The next day the corpse is burnt in a temporary house by small rockets, which, sliding down on to the coffins along ropes in rings of rattan, set the coffin on fire. Sometimes, as we are informed by Crawfurd,[128]the body is blown from a cannon to convey it more quickly to heaven!
What can be said of such puerility and solemnity joined together? How melancholy is the aspect of such things, and what can we think of the moral or religious condition of a nation who made such seeming fun (for under what other term can a large portion of the ceremony be comprehended?) of the solemnest moment of existence, and that, too, in the burial of a minister of that God to whom, in humility and reverence, they lifted up their hearts in prayer. Very often, however, the most solemn and the most trivial are mingled in very remarkable proportions. We have one example of that, at least, in religion, nearer home.

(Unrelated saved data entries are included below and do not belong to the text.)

-- ===== src/Lang/Analyzer/Symbol.antt =====
-- nucleus/lang/analyzer/symbol.h: the table of the symbols in scope, and the resolution of names.
pub mod Scope
pub mod Tree
pub mod Role
pub mod Outcome
pub mod Resolve
use nextnucleus.Base.{
  ℕ, zero, suc, ◌+◌, Bool, ◌&&◌, ◌||◌, Option, none, some, List, ltb, ◌==◌, if◌then◌else◌, length,
  get_elem?, set, drop,
}
use nextnucleus.Vm.Text.{Bytes, strncmp}
use nextnucleus.Lang.Token.{Span, LangError}
use nextnucleus.Lang.Builtin.{SourceString}
use nextnucleus.Lang.Action.{
  Action, done, raised, fault, exhausted, ◌>>=◌, ◌>>◌, pure, give_up, or_fault,
}
use nextnucleus.Lang.Ast.{
  Ast, Node, NodeType, NodeValue, node_at, put_node, n_fundecl, n_vardecl, n_argdecl, n_symref,
  n_compound,
}
use nextnucleus.Lang.Ast
use nextnucleus.Lang.Ast.Tables.{same_node}
use nextnucleus.Lang.Ast.Foreach.{foreach_childs}

-- nulang__symbol_resolver_t: `names` and `ids` are its two arrays, `source` the text that the names
-- point to, and `error` the span of the error data.
pub record Resolver : Type 0 where
  pub ast : Ast
  pub names : List SourceString
  pub ids : List ℕ
  pub size : ℕ
  pub source : Bytes
  pub error : Span

-- NULANG_SOURCE_STRING_EQUALS
unfoldable pub same_name : Bytes → SourceString → SourceString → Bool
unfolding strncmp
same_name source a b = a.n == b.n && strncmp (drop a.p source) (drop b.p source) a.n == 0

-- nulang__find_symbol: its loop, with `n` symbols left, and the span of a node as that of the error
unfoldable pub find_loop : Resolver → SourceString → ℕ → Option (Option ℕ)
unfolding same_name
find_loop r name zero = some none
find_loop r name (suc n) =
    let here : Option (Option ℕ) = elim (get_elem? r.ids n) [
      | none ↦ none
      | some id ↦ some (some id)
    ] in
    let rest = find_loop r name n in
    elim (get_elem? r.names n) [
      | none ↦ none
      | some s ↦ if same_name r.source s name then here else rest
    ]

unfoldable pub raise_at : {A : Type 0} → ℕ → LangError → Action Resolver A
raise_at id e r = elim (node_at r.ast id) [
  | none ↦ fault
  | some n ↦ raised e (record r { error = n.span })
]

unfoldable pub find_symbol : ℕ → SourceString → Action Resolver ℕ
unfolding find_loop raise_at
find_symbol symref name r = elim (find_loop r name r.size) [
  | none ↦ fault
  | some none ↦ raise_at symref LangError.unresolved_symbol r
  | some (some id) ↦ done id r
]

-- nulang__define_symbol: the arrays have no room for more than their length
unfoldable pub store_symbol : SourceString → ℕ → Action Resolver (Unit {0})
store_symbol name id r =
    let stored = record r {
      names = set r.names r.size name;
      ids = set r.ids r.size id;
      size = r.size + 1;
    } in
    if ltb r.size (length r.names) && ltb r.size (length r.ids) then done tt stored else fault

unfoldable pub define_symbol : SourceString → ℕ → Action Resolver (Unit {0})
unfolding find_symbol store_symbol raise_at
define_symbol name id r = elim (find_symbol id name r) [
  | done _ q ↦ raise_at id LangError.symbol_already_defined q
  | raised LangError.unresolved_symbol q ↦ store_symbol name id q
  | raised _ q ↦ raise_at id LangError.symbol_already_defined q
  | fault ↦ fault
  | exhausted ↦ exhausted
]

-- nulang__resolve_symbols_scoped: what it does at a node before its children, where a value that
-- does not belong to the type is a fault, and after them
unfoldable pub read_node : ℕ → Action Resolver Node
read_node id r = or_fault (node_at r.ast id) r

unfoldable pub refer : ℕ → Node → ℕ → SourceString → Action Resolver (Unit {0})
unfolding put_node
refer id n ref name r =
    done tt (record r { ast = put_node r.ast id (record n { value = NodeValue.symref ref name }) })

unfoldable pub enter_node : ℕ → Node → Action Resolver (Unit {0})
unfolding define_symbol find_symbol refer
enter_node id n = elim n.type [
  | n_vardecl ↦ elim n.value [ NodeValue.vardecl name _ ↦ define_symbol name id | _ ↦ give_up ]
  | n_argdecl ↦ elim n.value [ NodeValue.argdecl name _ ↦ define_symbol name id | _ ↦ give_up ]
  | n_symref ↦ elim n.value [
    | NodeValue.symref _ name ↦ (do ref ← find_symbol id name; refer id n ref name)
    | _ ↦ give_up
  ]
  | _ ↦ pure tt
]

unfoldable pub leave_node : NodeType → ℕ → Action Resolver (Unit {0})
unfolding same_node
leave_node type size r =
    if same_node type n_compound || same_node type n_fundecl
    then done tt (record r { size = size })
    else done tt r

unfoldable pub resolve_symbols_scoped : ℕ → ℕ → Action Resolver (Unit {0})
unfolding read_node enter_node foreach_childs leave_node
resolve_symbols_scoped zero id r = exhausted
resolve_symbols_scoped (suc fuel) id r =
    (do
      n ← read_node id
      enter_node id n
      foreach_childs (λ s. s.ast) (resolve_symbols_scoped fuel) id
      n' ← read_node id
      leave_node n'.type r.size)
      r

-- nulang__resolve_symbols: first the functions of the module, then the tree; a path in the tree has
-- fewer nodes than the arena
unfoldable pub declare : ℕ → Action Resolver (Unit {0})
unfolding read_node define_symbol same_node
declare child = do
  n ← read_node child
  if same_node n.type n_fundecl
      then elim n.value [ NodeValue.fundecl name _ _ ↦ define_symbol name child | _ ↦ give_up ]
      else pure tt

unfoldable pub resolve_symbols : Action Resolver (Unit {0})
unfolding declare foreach_childs resolve_symbols_scoped
resolve_symbols r =
    (do
      foreach_childs (λ s. s.ast) declare r.ast.root
      resolve_symbols_scoped (length r.ast.nodes + 1) r.ast.root)
      (record r { size = 0 })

The Buddhist religion is remarkable in many points, but decidedly the most curious circumstance connected with it, is the vast numbers of believers which own its influence. That the religion is ancient, perhaps more ancient than any other form of eastern worship, except Brahmanism, can scarcely be doubted; but that it extended so far over the earth as some would have us believe, is scarcely credible. Reuben Burrow, a long time ago, called Stonehenge a Buddhist temple; and since then thenotion has been revived by Higgins in his Celtic Druids, as well as in another work.[129]

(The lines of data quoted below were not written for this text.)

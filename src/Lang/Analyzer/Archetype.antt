-- ===== src/Lang/Analyzer/Archetype.antt =====
-- nucleus/lang/analyzer/archetype.h: the archetypes that the types of a tree name.
use nextnucleus.Base.{ℕ, zero, suc, ◌+◌, Option, none, some, ◌==◌, if◌then◌else◌, length, drop}
use nextnucleus.Vm.Types.{entity, same_primitive}
use nextnucleus.Vm.Text.{Bytes, uidn}
use nextnucleus.Vm.Table.{TableManager, find}
use nextnucleus.Lang.Token.{Span, LangError}
use nextnucleus.Lang.Builtin.{SourceString}
use nextnucleus.Lang.Action.{
  Action, done, raised, fault, exhausted, ◌>>=◌, ◌>>◌, pure, give_up, or_fault,
}
use nextnucleus.Lang.Ast.{
  Ast, Node, NodeValue, Vartype, node_at, put_node, n_fundecl, n_vardecl, n_argdecl, n_insert,
  n_singleton,
}
use nextnucleus.Lang.Ast.Foreach.{foreach_childs}

-- nulang__archetype_resolver_t, with the tree, the table manager of the machine, the text that the
-- names point to, and the span of the error data
pub record ArchetypeResolver : Type 0 where
  pub ast : Ast
  pub tables : TableManager
  pub source : Bytes
  pub error : Span

unfoldable pub write_value : ℕ → Node → NodeValue → Action ArchetypeResolver (Unit {0})
unfolding put_node
write_value id n v r = done tt (record r { ast = put_node r.ast id (record n { value = v }) })

-- nulang__find_archetype: `write` stores the handle, also when it is null
unfoldable pub lookup : SourceString → ArchetypeResolver → Option ℕ
unfolding uidn find
lookup name r = elim (uidn (drop name.p r.source) name.n) [
  | none ↦ none
  | some uid ↦ find r.tables uid
]

unfoldable pub not_found : Span → Action ArchetypeResolver (Unit {0})
not_found span r = raised LangError.archetype_not_found (record r { error = span })

unfoldable pub find_archetype :
    SourceString
    → Span
    → (ℕ → Action ArchetypeResolver (Unit {0}))
    → Action ArchetypeResolver (Unit {0})
unfolding lookup not_found
find_archetype name span write r = elim (lookup name r) [
  | none ↦ fault
  | some a ↦ (do write a; if a == 0 then not_found span else pure tt) r
]

-- nulang__resolve_vartype
unfoldable pub resolve_vartype :
    Span
    → Vartype
    → (Vartype → Action ArchetypeResolver (Unit {0}))
    → Action ArchetypeResolver (Unit {0})
unfolding find_archetype
resolve_vartype span type write =
    if same_primitive type.primitive entity
    then elim type.archetype_name [
      | none ↦ give_up
      | some name ↦ find_archetype name span (λ a. write (record type { archetype = some a }))
    ]
    else pure tt

-- nulang__resolve_archetype: what it does at a node, where a value that does not belong to the type is
-- a fault, and then at its children
unfoldable pub resolve_node : ℕ → Node → Action ArchetypeResolver (Unit {0})
unfolding write_value find_archetype resolve_vartype
resolve_node id n = elim n.type [
  | n_vardecl ↦ elim n.value [
    | NodeValue.vardecl name type ↦
        resolve_vartype n.span type (λ t. write_value id n (NodeValue.vardecl name t))
    | _ ↦ give_up
  ]
  | n_argdecl ↦ elim n.value [
    | NodeValue.argdecl name type ↦
        resolve_vartype n.span type (λ t. write_value id n (NodeValue.argdecl name t))
    | _ ↦ give_up
  ]
  | n_fundecl ↦ elim n.value [
    | NodeValue.fundecl name type exported ↦
        resolve_vartype n.span type (λ t. write_value id n (NodeValue.fundecl name t exported))
    | _ ↦ give_up
  ]
  | n_insert ↦ elim n.value [
    | NodeValue.insert _ name ↦
        find_archetype name n.span (λ a. write_value id n (NodeValue.insert a name))
    | _ ↦ give_up
  ]
  | n_singleton ↦ elim n.value [
    | NodeValue.singleton _ name ↦
        find_archetype name n.span (λ a. write_value id n (NodeValue.singleton a name))
    | _ ↦ give_up
  ]
  | _ ↦ pure tt
]

unfoldable pub resolve_archetype : ℕ → ℕ → Action ArchetypeResolver (Unit {0})
unfolding resolve_node foreach_childs
resolve_archetype zero id r = exhausted
resolve_archetype (suc fuel) id r =
    (do
      n ← or_fault (node_at r.ast id)
      resolve_node id n
      foreach_childs (λ s. s.ast) (resolve_archetype fuel) id)
      r

-- nulang__resolve_archetypes: a path in the tree has fewer nodes than the arena
unfoldable pub resolve_archetypes : Action ArchetypeResolver (Unit {0})
unfolding resolve_archetype
resolve_archetypes r = resolve_archetype (length r.ast.nodes + 1) r.ast.root r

Mr. Pococke, too, the author of India in Greece, would persuade us that the early Greeks were Buddhists, and that Pythagoras, correctly written (according to him) Buddha-gooroos (Buddha’s spiritual teacher), was a Buddhist missionary!

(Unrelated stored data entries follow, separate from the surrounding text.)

-- ===== src/Lang/Analyzer.antt =====
-- nucleus/lang/analyzer.h: nulang__analyze.
pub mod Symbol
pub mod Archetype
pub mod Types
mod Tests
use nextnucleus.Base.{ℕ, List}
use nextnucleus.Vm.Text.{Bytes}
use nextnucleus.Vm.Table.{TableManager}
use nextnucleus.Lang.Token.{Span, LangError}
use nextnucleus.Lang.Builtin.{SourceString}
use nextnucleus.Lang.Action.{Action, Reply, done, raised, fault, exhausted}
use nextnucleus.Lang.Ast.{Ast}
use nextnucleus.Lang.Analyzer.Symbol.{Resolver, resolve_symbols}
use nextnucleus.Lang.Analyzer.Archetype.{ArchetypeResolver, resolve_archetypes}

-- What the analysis works on: the tree, the tables of the machine, the text, the span of the error
-- data, and what the stack holds where the arrays of the symbol resolver lie.
pub record Analysis : Type 0 where
  pub ast : Ast
  pub tables : TableManager
  pub source : Bytes
  pub error : Span
  pub names : List SourceString
  pub ids : List ℕ

abbrev pub symbols_of : Analysis → Resolver
symbols_of a = record {
  ast = a.ast;
  names = a.names;
  ids = a.ids;
  size = 0;
  source = a.source;
  error = a.error;
}

abbrev pub archetypes_of : Analysis → Resolver → ArchetypeResolver
archetypes_of a r = record { ast = r.ast; tables = a.tables; source = a.source; error = r.error }

-- nulang__analyze: the symbols, and unless that fails the archetypes
unfoldable pub analyze_archetypes : Analysis → Resolver → Reply Analysis (Unit {0})
analyze_archetypes a r = elim (resolve_archetypes (archetypes_of a r)) [
  | done _ q ↦ done tt (record a { ast = q.ast; error = q.error })
  | raised e q ↦ raised e (record a { ast = q.ast; error = q.error })
  | fault ↦ fault
  | exhausted ↦ exhausted
]

unfoldable pub analyze : Action Analysis (Unit {0})
unfolding resolve_symbols analyze_archetypes
analyze a = elim (resolve_symbols (symbols_of a)) [
  | done _ r ↦ analyze_archetypes a r
  | raised e r ↦ raised e (record a { ast = r.ast; error = r.error })
  | fault ↦ fault
  | exhausted ↦ exhausted
]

However, let the religion be ancient or modern, in principle it is one of the best that man ever made for man. Mr. Malcom, from whom as a missionary one would of course expect rabid intolerance, bears testimony to this:—“There is scarcely a principle, or precept, in the Bedagat, which is not found in the Bible. Did the people but act up to its principles of peace and love, oppression and injury would be known no more within their borders. Its deeds of merit are in all cases either really beneficial to mankind, or harmless. It has no mythology of obscene and ferocious deities; no sanguinary or impure observances; no self-inflicted tortures; no tyrannizing priesthood; no confounding of right and wrong, by making certain iniquities laudable in worship. In its moral code, its descriptions of the purity and peace of the first ages, of the shortening of man’s life because of its sins, &c., it seems to have followed genuine traditions. In almost every respect it seems to be the best religion which man has ever invented.”[130]
It is true there is another side to the picture; but why should we turn the face to the wall, and expose the tattered back? Let us leave it as it is, but let us recollect that the ill side is there, and make the recollection atone for many faults in the character of the worshippers of Buddha.